Differentiable parameters can be any JAX array inside `scene` or
`optical_path` -- use `eqx.tree_at` to swap a field, or differentiate
directly w.r.t. a kwarg like `wavelength_nm`. The Richardson-converged
gradient tests in the test suite cover the wavelength case end-to-end.

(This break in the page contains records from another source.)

-- ===== src/Base/File.antt =====
-- The file system that the program reads and writes, and the paths and JSON objects that it uses.
-- A path is its text; `/` joins as pathlib does, without normalising dots and double slashes. File
-- operations succeed where the file is there: full disks and permissions are not modelled.
use ganker.Base.Tests.{if◌then◌else◌, ◌==◌, is_empty}
use Prim.Native.Nat.{ℕ}
use Prim.Native.String.{String, ◌++◌}
use mathlib.Core.Bool.{Bool, true, false, not, ◌||◌}
use mathlib.Core.Option.{Option, none, some}
use mathlib.Core.List.{List}
use Prim.Native.Char.{code}
use ganker.Base.Tests.{eqb}
use ganker.Base.Int.{ℤ, pos}
use ganker.Base.Result.{
  Error, value_error, key_error, type_error, other_error, Result, ok, err, Exec,
}
use ganker.Base.Text.{show_ℤ, int_of_text}
use ganker.Base.Dict.{Dict, lookup, insert, is_some}

-- A value inside a JSON object. `other` is a number that is no int, a list or an object, with what
-- `str` gives for it and what `int` gives, if it does not raise.
pub data Json : Type 0 where
  null : Json
  bool : Bool → Json
  int : ℤ → Json
  str : String → Json
  other : String → Option ℤ → Json

abbrev pub JsonObject : Type 0
JsonObject = Dict Json

-- What a file holds: a JSON object that `json.dumps` wrote and `json.loads` reads back, or bytes
-- that are not a JSON object.
pub data Content : Type 0 where
  json : JsonObject → Content
  raw : List ℕ → Content

abbrev pub FileSystem : Type 0
FileSystem = Dict Content

abbrev pub is_absolute : String → Bool
is_absolute String.[] = false
is_absolute (String.◌∷◌ c s) = eqb (code c) 47

-- `Path(p) / s`
infixl 65 ◌//◌
unfoldable pub ◌//◌ : String → String → String
p // s = if is_absolute s then s else p ++ ("/" ++ s)

-- `path.exists()`
abbrev pub exists : String → FileSystem → Bool
exists path fs = is_some (lookup path fs)

-- `path.write_text(json.dumps(value))`
abbrev pub write_json : String → JsonObject → Exec FileSystem (Unit {0})
write_json path value fs = (ok tt, insert path (json value) fs)

abbrev as_object : Content → Result JsonObject
as_object (json value) = ok value
as_object (raw bytes) = err (value_error "invalid JSON")

-- `json.loads(path.read_text())`
unfoldable pub read_json : String → FileSystem → Result JsonObject
read_json path fs = elim (lookup path fs) [
  | none ↦ err (other_error path)
  | some content ↦ as_object content
]

-- `value[key]`
unfoldable pub get_item : JsonObject → String → Result Json
get_item value key = elim (lookup key value) [ none ↦ err (key_error key) | some v ↦ ok v ]

-- `str(value)`
abbrev pub to_str : Json → String
to_str null = "None"
to_str (bool true) = "True"
to_str (bool false) = "False"
to_str (int n) = show_ℤ n
to_str (str s) = s
to_str (other s n) = s

abbrev or_error : Option ℤ → Error → Result ℤ
or_error none e = err e
or_error (some n) e = ok n

-- `int(value)`
abbrev pub to_int : Json → Result ℤ
to_int null = err (type_error "int() argument must not be None")
to_int (bool true) = ok (pos 1)
to_int (bool false) = ok (pos 0)
to_int (int n) = ok n
to_int (str s) = or_error (int_of_text s) (value_error "invalid literal for int()")
to_int (other s n) = or_error n (type_error "int() argument has no integer value")

-- `bool(value)`. Of the numbers that are no int, the lists and the objects, these are the false ones.
unfoldable pub truthy : Json → Bool
truthy null = false
truthy (bool b) = b
truthy (int n) = not (show_ℤ n == "0")
truthy (str s) = not (is_empty s)
truthy (other s n) = not (s == "0.0" || (s == "-0.0" || (s == "[]" || s == "{}")))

The `system_rate` orchestrator sums all per-source rates -- star,
every planet, disk if present, zodi if present -- into one differentiable
map for the entire scene.

## Use `*_readout` for data generation

Anything that needs a noisy detector image should use the readout
family. Examples:

- **Generating an HWO survey dataset** -- thousands of frames, each
  with independent Poisson noise.
- **End-to-end ADI / RDI demos** -- generate noisy science frames at
  varying telescope rotations, then run KLIP on the cube.
- **Comparing post-processing algorithms** -- the algorithm should see
  realistic noise, not the noiseless rate.

```python
from coronagraphoto import system_readout
import jax

key = jax.random.PRNGKey(0)
image = system_readout(
    scene, optical_path, key,
    start_time_jd=..., exposure_time_s=..., wavelength_nm=...,
    bin_width_nm=..., telescope_pa_deg=...,
    ecliptic_lat_deg=..., solar_lon_deg=...,
)
```

`system_readout` independently draws Poisson noise per source (each
gets its own PRNG subkey) and sums the realisations. The sum of
Poissons is Poisson with summed mean, so this is statistically
equivalent to one combined draw, but the per-source split gives you
deterministic noise for the same key + scene combination.

## What you cannot do

You cannot differentiate through `*_readout`. The Poisson draw is a
discrete random integer and its gradient is zero almost everywhere.
JAX will not raise; it will silently return zero gradients. If you find
yourself doing `jax.grad(simulate_frame)` where `simulate_frame` calls
`*_readout`, **the result is meaningless**. Two acceptable workarounds:

1. **Differentiate the rate instead.** The expected count
   $r_S \cdot t \cdot \eta$ is what almost every inference problem
   actually wants, and it's differentiable.
2. **Use a Gaussian approximation** at high counts:
   $\mathrm{Poisson}(\lambda) \approx \mathcal{N}(\lambda, \sqrt{\lambda})$.
   The Gaussian distribution is reparameterisable and differentiable
   through the noise sample. Build it yourself if you need it.

## Performance

Both families share most of the work -- the readout family is just the
rate family followed by a single Poisson draw via the detector's
readout method. The Poisson draw is a few percent of the per-frame
cost on GPU. See [performance](performance) for the closure-vs-args
trap that dominates compile time and how to avoid it.